Posey to Haslem for the elbow jumper....31-28 Bulls


----------



## -33- (Aug 6, 2002)

illegal screen on Malik Allen...momentum is swinging in our favor...keep it up fellas!


----------



## -33- (Aug 6, 2002)

Wade with a stupid pass....leads to a Deng jumper in transition.....33-28

Payton turnover...

Deng misses, Zo boards it....


----------



## -33- (Aug 6, 2002)

Duhon fouls Wade (3rd) on the drive...Shaq returns, fouled by Chandler (2nd) away from the ball...Payton another horrible pass, can we get JWill back in the game please?


----------



## -33- (Aug 6, 2002)

Shaq with his 3rd foul b/c our guys can't defend the perimeter.....nice job fellas

When their guards can get to the rim at ease, you're gonna lose Shaq b/c he's going to be put in too mnay situations where he will foul.....


----------



## UD40 (May 12, 2005)

9 turnovers......ugh.


----------



## Dwyane Wade (Oct 12, 2004)

yep third foul, thats goan change our game plan a little bit, Shaq will prob be very limited tonight since hes already in fould trouble, and its goan be hard for him to become a factor now, what sthinks most is we didnt even get to use him the way we watned to, although he did have some assits, we're gona need, Zo, J Dubb, and Toine to step up..


----------



## -33- (Aug 6, 2002)

Doleac fills in for Shaq....Haslem fouled after the off. rebound (miss, miss)


----------



## -33- (Aug 6, 2002)

Wade can go ahead and shoot us out of this game if he wants......pass the damn ball and get everyone involved


----------



## -33- (Aug 6, 2002)

JWill to DA for 3....37-31 Bulls


----------



## UD40 (May 12, 2005)

I never knew you could take how ever many steps your number is. Nocioni just took a nice long walk in the park.


----------



## -33- (Aug 6, 2002)

what the **** is Antoine doing????? 

I guess we're back to our old ****, no perimeter D, bad shot selection on offense, let's just pack it in and wait for game 4 in the hotel b/c this is gonna help us lose by double digits...............


----------



## -33- (Aug 6, 2002)

again....our guards can't stop anyone on the perimeter, and it opens it up for their posts to get easy buckets and/or draw fouls....


----------



## UD40 (May 12, 2005)

When Sweetney is looking like Shaq and Wilt out there, you know we're in trouble. Send Doleac and DA back to the bench, and get Zo, UD and/or Shaq out there. We need a post presence badly right now.


----------



## nickrock23 (Mar 28, 2004)

Walker Sucks


----------



## nickrock23 (Mar 28, 2004)

so does payton.. jwill should play all 48 minutes


----------



## -33- (Aug 6, 2002)

Wade drives for 2....43-35

Toine steals it, horrible pass, bailed out by Nocioni tipping it out...


----------



## -33- (Aug 6, 2002)

Jwill drives off the pick & roll for the layup....43-37

Doleac with the loose ball foul b/c Sweetney went over his back and fell down....great call


----------



## UD40 (May 12, 2005)

......_please_ put Zo in.


----------



## -33- (Aug 6, 2002)

Sweetney hits 1/2.....44-37

Jwill with a forced shot, miss....Pargo travels on the other end...

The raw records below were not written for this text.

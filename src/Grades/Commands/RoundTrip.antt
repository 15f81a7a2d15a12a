-- ===== src/Grades/Commands/RoundTrip.antt =====
-- What addStudentGrade writes, searchStudent finds.
use system_related_in_c.Base.{
  ◌≤◌, ◌<◌, ◌≡◌, ◌≢◌, ◌∙◌, ap, none, some, List, [], ◌∷◌, ◌++◌, arith, length, length-append, All,
}
use system_related_in_c.Grades.Text.{Str, newline, space}
use system_related_in_c.Grades.Text.Order.{same_self}
use system_related_in_c.Grades.Text.Scan.{IsWord, IsWord-length}
use system_related_in_c.Grades.World.{Env, World, ok, content}
use system_related_in_c.Grades.Students.{Student, three_words}
use system_related_in_c.Grades.Students.Load.{students_of}
use system_related_in_c.Grades.Students.Append.{Complete, students_of-append}
use system_related_in_c.Grades.Commands.{
  record_line, grade_line, find_student, search_student, add_student_grade,
}
use system_related_in_c.Grades.Commands.Records.{Allows, add_student_grade_lem, search_student_lem}
use system_related_in_c.Grades.Commands.Find.{find_student-append}

-- The new student is found behind others of which none has both names.
find_student-added :
    (name surname grade : Str) (students : List Student)
    → find_student name surname students ≡ none
    → find_student name surname
        (students ++ record { name = name; surname = surname; grade = grade } ∷ [])
      ≡ some (record { name = name; surname = surname; grade = grade })
find_student-added name surname grade students unknown =
    find_student-append name surname students _ unknown
    ∙ (unfold find_student in rw (same_self name, same_self surname))

record_line-short :
    (name surname grade : Str)
    → IsWord 49 name
    → IsWord 49 surname
    → IsWord 2 grade
    → length (record_line name surname grade) < 256
record_line-short name surname grade n s g = omega (
  arith,
  IsWord-length 49 name n,
  IsWord-length 49 surname s,
  IsWord-length 2 grade g,
  length-append {0} (three_words name surname grade) (newline ∷ []),
  length-append {0} name (space ∷ (surname ++ (space ∷ grade))),
  length-append {0} surname (space ∷ grade),
)

-- If children start and open the file and the log, two files with names, and the file is made of
-- whole lines without a NUL, stays within 999 bytes with the new line, and holds no student of
-- both names: addStudentGrade of words of at most 49, 49 and 2 bytes, then searchStudent, both
-- return, and print the new student's grade and nothing else.
pub add_then_search :
    (env : Env) (file name surname grade : Str) (w : World)
    → Allows env file
    → IsWord 49 name
    → IsWord 49 surname
    → IsWord 2 grade
    → Complete (content (w.files file))
    → All (λ c. c ≢ 0) (content (w.files file))
    → length (content (w.files file) ++ record_line name surname grade) ≤ 999
    → find_student name surname (students_of (content (w.files file))) ≡ none
    → (w' : World) × (w'' : World) × (add_student_grade env name surname grade file w ≡ ok tt w')
      × (search_student env name surname file w' ≡ ok tt w'')
      × (w''.out ≡ w.out ++ grade_line name surname grade)
add_then_search env file name surname grade w can n s g whole bytes small unknown =
    let (w', added, now, _, _, quiet) =
      add_student_grade_lem env file can name surname grade w
        (record_line-short name surname grade n s g) in
    let holds : content (w'.files file) ≡ content (w.files file) ++ record_line name surname grade =
      ap content now in
    let (w'', searched, said, _) =
      search_student_lem env file can name surname w' (rw holds small) in
    let found =
      ap (λ c. find_student name surname (students_of c)) holds
      ∙ ap (find_student name surname)
          (students_of-append name surname grade n s g (content (w.files file)) whole bytes)
      ∙ find_student-added name surname grade (students_of (content (w.files file))) unknown in
    (w', w'', added, searched, said ∙ rw (quiet, found))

Toine rips through and gets fouled going up....hits 1/2


----------



## -33- (Aug 6, 2002)

good move by Antoine.....44-40

Hinrich misses, good D by DA, Doleac boards...2 mins left in the half

DA misses the corner 3...

Pargo hits the long 2....46-40, Timeout Heat


----------



## -33- (Aug 6, 2002)

Wade turns it over...

Pargo misses, D-League all-star boards it, Haslem boards the Hinrich miss...

Toine misses a layup

D-League makes an open layup, that's how bad our defense really is......


----------



## -33- (Aug 6, 2002)

Jwill drives and hits with contact by D-League, no call.....48-42

Pargo misses, Toine boards.....

Wade palming violation, another turnover....

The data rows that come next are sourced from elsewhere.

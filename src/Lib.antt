-- ===== src/Lib.antt =====
-- Verification of metacontroller, which runs custom controllers for Kubernetes out of webhooks: it
-- claims the children of a parent object, asks a webhook for the children that are desired, and
-- brings the observed ones there.
--
-- The parts, and where they are modelled:
--
-- - Prelude, with Prelude/*: Boolean tests and equality tests as an interface, lists, Go maps as
--   association lists, maps of maps, results with an error, and texts cut at a separator.
-- - Json: decoded JSON, the content of an unstructured object. Objects: what is read of an object's
--   metadata through the accessors of k8s.io/apimachinery, which are a parameter.
-- - Apply: the three-way merge of pkg/dynamic/apply/apply.go. `merge_objects` is Merge, `merge` is
--   merge, `merge_object` is mergeObject, `merge_array` and `merge_list_map` are the lists,
--   `detect_list_map_key` is detectListMapKey. Go recurses on the desired value, so `merge` runs on
--   fuel and `merge_value` gives it one more than the height of the desired value, which is enough.
-- - Names: the text form of GroupVersionKind (pkg/controller/common/api/api.go), ParseAPIVersion of
--   pkg/controller/common/common.go, and the key `kind.group` of the composite controller.
-- - ObjectMap: RelativeObjectMap (pkg/controller/common/api/v1/common.go) and UniformObjectMap
--   (pkg/controller/common/api/v2/common.go), which differ in how an object is named; the operations
--   take the naming. `convert` is Convert.
-- - ControllerRef: pkg/dynamic/controllerref with the adapted
--   pkg/third_party/kubernetes/controller_ref_manager.go: owner references, `claim_object` and
--   `claim_children`. The state has the memory of CanAdopt and the calls made of the API server.
-- - Revision: the children that a ControllerRevision claims, in
--   pkg/controller/composite/controller_revision.go, and `sync_revision_claims`, which is
--   syncRevisionClaims of pkg/controller/composite/rolling_update.go.
-- - Status: conditions (pkg/dynamic/object/status.go), and childStatusCheck of
--   pkg/controller/composite/rolling_update.go. The nested field helpers are a parameter with what
--   they document as a hypothesis.
-- - Manage: deleteChildren and the cache of server-side applies in
--   pkg/controller/common/manage_children.go.
-- - Update: ApplyUpdate of pkg/controller/common/manage_children.go, which merges by Apply and reverts
--   what is not the controller's, with nullifyLastAppliedAnnotation of
--   pkg/controller/common/diff.go.
-- - Rolling: shouldContinueRolling and the update strategies of
--   pkg/controller/composite/rolling_update.go, over ObjectMap, Update and Status. Pass is
--   syncRollingUpdate, over Revision; Names is about the names of observed and of claimed children.
-- - Appliers: the dynamic and the server-side applier, and ManageChildren, of
--   pkg/controller/common/manage_children.go, over Manage and Update. `manage_children` deletes the
--   observed children that are not desired and applies the desired ones, kind by kind.
-- - Informers: the shared informers of pkg/dynamic/informer. `resource` is Resource and
--   `close_informer` is the closeFn of factory.go; Index has the index functions and listings of
--   informer.go. Users that subscribe and close are a step relation.
-- - Clientset: AtomicUpdate and its kin (pkg/dynamic/clientset/clientset.go). client-go's
--   RetryOnConflict is a parameter that names the last attempt. Finalizers:
--   pkg/controller/common/finalizer/finalizer.go over these loops.
-- - Composite: pkg/controller/composite/controller.go. Selector is makeSelector, Claims is
--   claimChildren, Events the handlers that queue a parent, Queue the work queue with sync, and Sync is
--   syncParentObject, stage by stage over a record of the components that it calls. Revisions is
--   manageRevisions, and what syncRevisions makes of the answers for each revision
--   (controller_revision.go).
-- - Decorator: pkg/controller/decorator. Selector is selector.go; Keys, Strings, Children and Sync are
--   the queue's keys, updateStringMap, getChildren and syncParentObject of controller.go.
--
-- ControllerRef, Manage, Appliers and Clientset ask the API server, whose answers are a parameter; a
-- call is recorded in the state. Manage takes the reasons of errors from ControllerRef, and
-- Composite.Claims its claims, from the candidates that Informers.Index lists. Object maps say which
-- observed and which desired children there are, by the names that Revision claims and that Manage
-- and Appliers act on.
--
-- A Go map is an association list whose order stands for an unspecified order of iteration;
-- statements about maps speak of lookups. Error texts, logs and metrics are left out, and so is what
-- the errors of a loop are joined into. A value that Go changes in place is the result of the
-- function. A delay that the hook answers in seconds as a floating-point number is a natural number of
-- nanoseconds, 0 where it is not positive; a delay from whole seconds wraps around as in 64 bits.
-- Where Go would panic on a nil object, that is an outcome of its own.
--
-- Not modelled: the revisions' patches and the calls of the hook for them; the start of a composite
-- controller; the start and the events of a decorator controller; related objects and webhooks; the
-- construction of dynamic clients, their discovery and the cache of an informer, which stand on
-- client-go, sync primitives and HTTP; start-up, options and metrics, which are I/O; and generated
-- code.
pub mod Prelude
pub mod Json
pub mod Apply
pub mod Names
pub mod Objects
pub mod ObjectMap
pub mod Revision
pub mod ControllerRef
pub mod Status
pub mod Manage
pub mod Update
pub mod Rolling
pub mod Appliers
pub mod Informers
pub mod Clientset
pub mod Finalizers
pub mod Composite
pub mod Decorator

Nocioni misses the wide open 3...

HALFTIME
Heat 42 --- Bulls 48


----------



## UD40 (May 12, 2005)

When Pargo, Sweetney and D-League All-Star are scoring....we're in trouble.

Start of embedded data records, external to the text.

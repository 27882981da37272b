-- ===== src/Prelude/Dicts.antt =====
-- Go maps as association lists. The order of the entries stands for Go's unspecified order of
-- iteration; a statement about a map speaks of `lookup` only.
use mathlib.Core.Path.{◌≡◌, refl}
use mathlib.Core.Logic.{◌↔◌, inl, inr}
use mathlib.Core.Bool.{Bool, true, false}
use mathlib.Core.Option.{Option, none, some}
use mathlib.Core.List.{List, [], ◌∷◌}
use native.Mathlib.Omega.{arith}
use metacontroller.Prelude.Tests.{Comparable, ◌==◌, if◌then◌else◌, is_some, or_default, Bool-cases}
use metacontroller.Prelude.Lists.{In}

abbrev pub Entry {ℓ κ} : Type ℓ → Type κ → Type (ℓ ⊔ κ)
Entry K V = K × V

abbrev pub Dict {ℓ κ} : Type ℓ → Type κ → Type (ℓ ⊔ κ)
Dict K V = List (K × V)

module _ {ℓ κ} {K : Type ℓ} {V : Type κ} ⦃c : Comparable K⦄ where
  unfoldable pub lookup : K → Dict K V → Option V
  lookup k [] = none
  lookup k ((other, v) ∷ dict) = if other == k then some v else lookup k dict

  abbrev pub has : K → Dict K V → Bool
  has k dict = is_some (lookup k dict)

  -- The value of a missing key is the zero value.
  abbrev pub get_or : V → K → Dict K V → V
  get_or d k dict = or_default d (lookup k dict)

  unfoldable pub insert : K → V → Dict K V → Dict K V
  insert k v [] = (k, v) ∷ []
  insert k v ((other, old) ∷ dict) =
      let rest = insert k v dict in if other == k then (k, v) ∷ dict else (other, old) ∷ rest

  unfoldable pub delete : K → Dict K V → Dict K V
  delete k [] = []
  delete k ((other, old) ∷ dict) =
      let rest = delete k dict in if other == k then rest else (other, old) ∷ rest

  unfoldable pub keys : Dict K V → List K
  keys [] = []
  keys ((k, v) ∷ dict) = k ∷ keys dict

  abbrev pub HasKey : K → Dict K V → Type κ
  HasKey k dict = (v : V) × (lookup k dict ≡ some v)

  -- No key stands twice, as in every Go map.
  abbrev pub UniqueKeys : Dict K V → Type (ℓ ⊔ κ)
  UniqueKeys [] = Unit
  UniqueKeys ((k, v) ∷ dict) = (lookup k dict ≡ none) × UniqueKeys dict

  pub lookup-insert :
      (k other : K) (v : V) (dict : Dict K V)
      → lookup other (insert k v dict) ≡ (if k == other then some v else lookup other dict)
  unfolding lookup insert
  lookup-insert k other v [] = refl
  lookup-insert k other v ((i, old) ∷ dict) =
      ground (
        arith,
        lookup-insert k other v dict,
        c.same_iff i other,
        c.same_iff i k,
        c.same_iff k other,
      )

  pub lookup-delete :
      (k other : K) (dict : Dict K V)
      → lookup other (delete k dict) ≡ (if k == other then none else lookup other dict)
  unfolding lookup delete
  lookup-delete k other [] = ground arith
  lookup-delete k other ((i, old) ∷ dict) =
      ground
        (arith, c.same_iff k other, c.same_iff i k, c.same_iff i other, lookup-delete k other dict)

  pub lookup-insert_self : (k : K) (v : V) (dict : Dict K V) → lookup k (insert k v dict) ≡ some v
  lookup-insert_self k v dict = ground (arith, lookup-insert k k v dict, c.same_iff k k)

  pub has_iff : (k : K) (dict : Dict K V) → (has k dict ≡ true) ↔ HasKey k dict
  has_iff k dict = ground arith

  pub not_has-none : (k : K) (dict : Dict K V) → has k dict ≡ false → lookup k dict ≡ none
  not_has-none k dict h = ground arith

  pub lookup-has : (k : K) (v : V) (dict : Dict K V) → lookup k dict ≡ some v → has k dict ≡ true
  lookup-has k v dict h = ground arith

  pub insert-UniqueKeys :
      (k : K) (v : V) (dict : Dict K V) → UniqueKeys dict → UniqueKeys (insert k v dict)
  unfolding lookup insert
  insert-UniqueKeys k v [] u = (refl, tt)
  insert-UniqueKeys k v ((other, old) ∷ dict) u = ground (
    arith,
    c.same_iff other k,
    c.same_iff k other,
    lookup-insert k other v dict,
    insert-UniqueKeys k v dict,
  )

  pub delete-UniqueKeys : (k : K) (dict : Dict K V) → UniqueKeys dict → UniqueKeys (delete k dict)
  unfolding lookup delete
  delete-UniqueKeys k [] u = tt
  delete-UniqueKeys k ((other, old) ∷ dict) u = ground (
    arith,
    c.same_iff other k,
    c.same_iff k other,
    lookup-delete k other dict,
    delete-UniqueKeys k dict,
  )

module _ {K V : Type 0} ⦃c : Comparable K⦄ where
  pub lookup-In : (k : K) (v : V) (dict : Dict K V) → lookup k dict ≡ some v → In (k, v) dict
  unfolding lookup
  lookup-In k v [] h = absurd (ground arith)
  lookup-In k v ((other, old) ∷ dict) h = elim (Bool-cases (other == k)) [
    | inl t ↦ inl (cc ((c.same_iff other k).0 t, rw t at h))
    | inr f ↦ inr (lookup-In k v dict (rw f at h))
  ]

We're only down 6, but if feels like 60.


----------



## nickrock23 (Mar 28, 2004)

we need more inspired play, no emotion so far!!


----------



## Dwyane Wade (Oct 12, 2004)

UD40 said:


> ......_please_ put Zo in.


Yeah Doles gave up like 10 offensive rbs alone...Sweetney admitted it and said Miami didnt get Shaq the ball early and at the right time, its ovbious, we came out of the game w/ teh rong game plan, Lets see if we can actually do somthing in teh second half, we're looking ridiculous out there.


----------



## reHEATed (Jun 29, 2003)

down 6

if shaq is allowed to play the second half, we should win. Our offense is a lot better than this.


----------



## maswe12 (Feb 23, 2005)

Terrible effort so far...I cant believe we are only down 6. We dont even look like we want to try to play D. If it wasnt for bad shot selection and missed FTs for the bulls we might be down 15-20. Shaq looks like he was boozing last night. This game is pretty important with our next game at 1pm and our recent history of day games.


----------



## Dwyane Wade (Oct 12, 2004)

Shaq, 2 shots, would somebody please.......


----------



## -33- (Aug 6, 2002)

Bulls looking good, but how are they only up 6 on the Heat when they just played the WORST FIRST HALF OF PLAYOFF BASKETBALL EVER. Shaq has 2 PTS, they have 11 TOs' and are shooting .395.. Bulls should be up 15!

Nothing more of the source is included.